REGIONAL TRADE OUTLOOK: If current projections hold, Africa's exports will grow faster than those of any other region in 2024, up 5.3%; this however is from a low base, since the continent's exports remained depressed after the COVID-19 pandemic.
- The CIS region's expected growth is just slightly below 5.3%, also from a reduced base after the region's exports plunged following the war in Ukraine.
- North America (3.6%), the Middle East (3.5%) and Asia (3.4%) should all see moderate export growth, while South America is expected to grow more slowly, at 2.6%. European exports are once again expected to lag behind those of other regions, with growth of just 1.7%.
- Strong import volume growth of 5.6% in Asia and 4.4% in Africa should help prop up global demand for traded goods this year. However, all other regions are expected to see below average import growth, including South America (2.7%), the Middle East (1.2%), North America (1.0%), Europe (0.1%) and the CIS region (-3.8%).
- Merchandise exports of least-developed countries (LDCs) are forecast to grow 2.7% in 2024, down from 4.1% in 2023, before growth accelerates to 4.2% in 2025. Meanwhile, imports by LDCs should grow 6.0% this year and 6.8% next year following a 3.5% contraction in 2023.
TRADE IN SERVICES: World commercial services trade grew 9% in 2023 despite a decline in freight transport, thanks to recovering international travel and surging digitally delivered services.
- Global exports of digitally delivered services soared to $4.25 trillion in 2023, up 9.0% year-on-year, and accounted for 13.8% of world exports of goods and services.
- In 2023, the value of these services--traded over borders through computer networks and encompassing everything from professional and management services to streaming of music and videos, online gaming, and remote education--surpassed pre-pandemic levels by over 50%.

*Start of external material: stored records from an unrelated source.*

-- ===== src/Workitem/Done/Tracked.antt =====
-- internal/workitem/remainder.go: an item that declares a remainder passes the guard only if an item
-- that it names as its successor is in the store.
use macguffin.Workitem.Done.Asked
use macguffin.Prelude.{
  ◌≡◌, refl, sym, ap, ◌∙◌, true, false, List, [], ◌∷◌, none, some, Bytes, codes, is_nil, is_some,
  Bool-cases, Option-cases, inl, inr, ◌⊎◌,
}
use macguffin.Store.{State, Actor, Doc, Err, Result, ok, err, not_found}
use macguffin.Store.Spec
use macguffin.Store.Spec.{View, Reading}
use macguffin.Store.Backend.{Keeps, reading}
use macguffin.Workitem.Item.{Item}
use macguffin.Workitem.Resolve.{
  Access, Match, Outcome, conflict, good, bad, Failure, resolve, matches_of, match_of_get,
  is_not_found,
}
use macguffin.Workitem.Identity.{Outcome-cases}
use macguffin.Workitem.Moves.{IsReader}
use macguffin.Workitem.Guards.{
  some_resolves, require_tracked, require_remainder_discharged, successor_ids, declares_remainder,
}

-- one of the texts is an id that has an entry
abbrev pub SomeKnown : (Bytes → Type 0) → List Bytes → View → Type 0
SomeKnown IsId [] v = ⊥
SomeKnown IsId (j ∷ js) v = (IsId j × (is_some (v j) ≡ true)) ⊎ SomeKnown IsId js v

-- The item declares no remainder, or an item that it names as its successor is known.
abbrev pub IsTracked : (Bytes → Type 0) → Item → View → Type 0
IsTracked IsId it v = (declares_remainder it ≡ false) ⊎ SomeKnown IsId (successor_ids it) v

SomeKnown-same :
    (IsId : Bytes → Type 0) (js : List Bytes) (v w : View)
    → ((j : Bytes) → IsId j → v j ≡ w j)
    → SomeKnown IsId js w
    → SomeKnown IsId js v
SomeKnown-same IsId [] v w h k = k
SomeKnown-same IsId (j ∷ js) v w h (inl (i, e)) = inl (i, ap is_some (h j i) ∙ e)
SomeKnown-same IsId (j ∷ js) v w h (inr k) = inr (SomeKnown-same IsId js v w h k)

unknown : (id : Bytes) (v : View) → v id ≡ none → Spec.get id v ≡ err (not_found id)
unfolding Spec.get
unknown id v h = rw (h, Spec.get) refl

-- Get answers that there is no such item, where the store knows none
missing :
    (id : Bytes) (r : Result Doc) → reading r ≡ err (not_found id) → match_of_get id r ≡ good []
unfolding match_of_get is_not_found
missing id (ok d) h = absurd (cc)
missing id (err e) h = rw (err_of e id h, is_not_found) refl
  where
    err_of :
        (x : Err) (j : Bytes)
        → ◌≡◌ {A = Result Reading} (err x) (err (not_found j))
        → x ≡ not_found j
    err_of x j q = ap (λ r. elim r [ ok d ↦ x | err y ↦ y ]) q

good-is_nil :
    (o : Outcome (List Match)) (ms : List Match) → o ≡ good [] → o ≡ good ms → is_nil ms ≡ true
good-is_nil o ms p q = ap (λ r. elim r [ bad f ↦ true | good xs ↦ is_nil xs ]) (sym q ∙ p)

module _ {S : Type 0} (b : Access S) (digest : Bytes → Bytes) (derive : State → Actor → State)
    (IsId : Bytes → Type 0) (IsState : State → Type 0) (IsPartition : Bytes → Type 0)
    (k : Keeps b.backend digest derive IsId IsState IsPartition)
    (reads : IsReader b digest derive IsId IsState IsPartition k)
    (vacant : (j : Bytes) → Asked.IsAsked b digest derive IsId IsState IsPartition k j)
    (absent : (g : Bytes → S → Result (List Doc) × S)
      → b.get_all ≡ some g
      → (id : Bytes) (s : S) → IsId id
      → k.IsHealthy s
      → k.view s id ≡ none
      → (ds : List Doc) → (g id s).0 ≡ ok ds
      → ds ≡ []) where
  -- GetAll finds no record
  absent-is_nil :
      (id : Bytes) (r : Result (List Doc)) (ms : List Match)
      → ((ds : List Doc) → r ≡ ok ds → ds ≡ [])
      → matches_of id r ≡ good ms
      → is_nil ms ≡ true
  unfolding matches_of
  absent-is_nil id (err e) ms h q = absurd (cc)
  absent-is_nil id (ok []) ms h q = good-is_nil (good []) ms refl q
  absent-is_nil id (ok (d ∷ ds)) ms h q = absurd (cc (h (d ∷ ds) refl))

  resolve-known :
      (id : Bytes) (s : S) (ms : List Match)
      → IsId id
      → k.IsHealthy s
      → (resolve b id s).0 ≡ good ms
      → is_nil ms ≡ false
      → is_some (k.view s id) ≡ true
  unfolding resolve Spec.get
  resolve-known id s ms i h r n = elim (Option-cases (k.view s id)) [
    | inr (e, v) ↦ ap is_some v
    | inl v ↦ elim (Bool-cases (is_nil id)) [
      | inl y ↦
          let z : (resolve b id s).0 ≡ good [] = rw y refl in
          absurd (cc (good-is_nil (resolve b id s).0 ms z r, n))
      | inr y ↦ elim (Option-cases b.get_all) [
        | inl m ↦
            let g : reading (b.backend.get id s).0 ≡ err (not_found id) =
              (k.get_law id s i h).0 ∙ unknown id (k.view s) v in
            let z : (resolve b id s).0 ≡ good [] =
              rw (y, m) (missing id (b.backend.get id s).0 g) in
            absurd (cc (good-is_nil (resolve b id s).0 ms z r, n))
        | inr (g, m) ↦
            let z : (resolve b id s).0 ≡ matches_of id (g id s).0 = rw (y, m) refl in
            absurd (cc (absent-is_nil id (g id s).0 ms (absent g m id s i h v) (sym z ∙ r), n))
      ]
    ]
  ]

  some_resolves-SomeKnown :
      (dangling : Failure) (js : List Bytes) (s : S)
      → k.IsHealthy s
      → (some_resolves b dangling js s).0 ≡ good tt
      → SomeKnown IsId js (k.view s)
  unfolding some_resolves
  some_resolves-SomeKnown dangling [] s h e = absurd (cc)
  some_resolves-SomeKnown dangling (j ∷ js) s h e =
      let r = resolve b j s in
      let a = Asked.resolve-Agrees b digest derive IsId IsState IsPartition k reads vacant j s h in
      elim (Outcome-cases r.0) [
        | inr (f, q) ↦
            let v : (some_resolves b dangling (j ∷ js) s).0 ≡ bad f = rw (q, some_resolves) refl in
            absurd (cc (v, e))
        | inl (ms, q) ↦ elim (Bool-cases (is_nil ms)) [
          | inr n ↦ elim (vacant j) [
            | inl i ↦ inl (i, resolve-known j s ms i h q n)
            | inr z ↦ absurd (cc ((z s h).1 ms q, n))
          ]
          | inl n ↦
              let v : (some_resolves b dangling (j ∷ js) s).0
                  ≡ (some_resolves b dangling js r.1).0 =
                rw (q, some_resolves) (rw n refl) in
              inr (
                SomeKnown-same IsId js (k.view s) (k.view r.1) (λ i y. sym (a.1 i y))
                  (some_resolves-SomeKnown dangling js r.1 a.0 (sym v ∙ e)))
        ]
      ]

  pub discharged-IsTracked :
      (it : Item) (s : S)
      → k.IsHealthy s
      → (require_remainder_discharged b it s).0 ≡ good tt
      → IsTracked IsId it (k.view s)
  unfolding require_remainder_discharged require_tracked
  discharged-IsTracked it s h e = elim (Bool-cases (declares_remainder it)) [
    | inr n ↦ inl n
    | inl y ↦ elim (Bool-cases (is_nil (successor_ids it))) [
      | inl n ↦
          let v : (require_remainder_discharged b it s).0
              ≡ bad (conflict (codes "remainder_without_successor")) =
            rw (y, n) refl in
          absurd (cc (v, e))
      | inr n ↦
          let v : (require_remainder_discharged b it s).0
              ≡ (some_resolves b (conflict (codes "remainder_dangling_successor"))
                  (successor_ids it) s).0 =
            rw (y, n) refl in
          inr (
            some_resolves-SomeKnown (conflict (codes "remainder_dangling_successor"))
              (successor_ids it) s h (sym v ∙ e))
    ]
  ]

- In Europe and Asia, which hold a global market share of 52.4% and 23.8% respectively, exports rose by 11% and 9%. Growth accelerated in Africa (13%) and in South and Central America and the Caribbean (11%), exceeding the global average. The two regions, which formed only 0.9% and 1.6% of global exports in 2023, are on the path to take advantage of digitally delivered services trade.
WHAT THEY SAID:
We are making progress towards global trade recovery, thanks to resilient supply chains and a solid multilateral trading framework— which are vital for improving livelihoods and welfare. It's imperative that we mitigate risks like geopolitical strife and trade fragmentation to maintain economic growth and stability.
— Ngozi Okonjo-Iweala
Director-General
World Trade Organization
Some governments have become more sceptical about the benefits of trade and have taken steps aimed at re-shoring production and shifting trade towards friendly nations. The resilience of trade is also being tested by disruptions on two of the world's main shipping routes: the Panama Canal, which is affected by freshwater shortages, and the diversion of traffic away from the Red Sea. Under these conditions of sustained disruptions, geopolitical tensions, and policy uncertainty, risks to the trade outlook are tilted to the downside.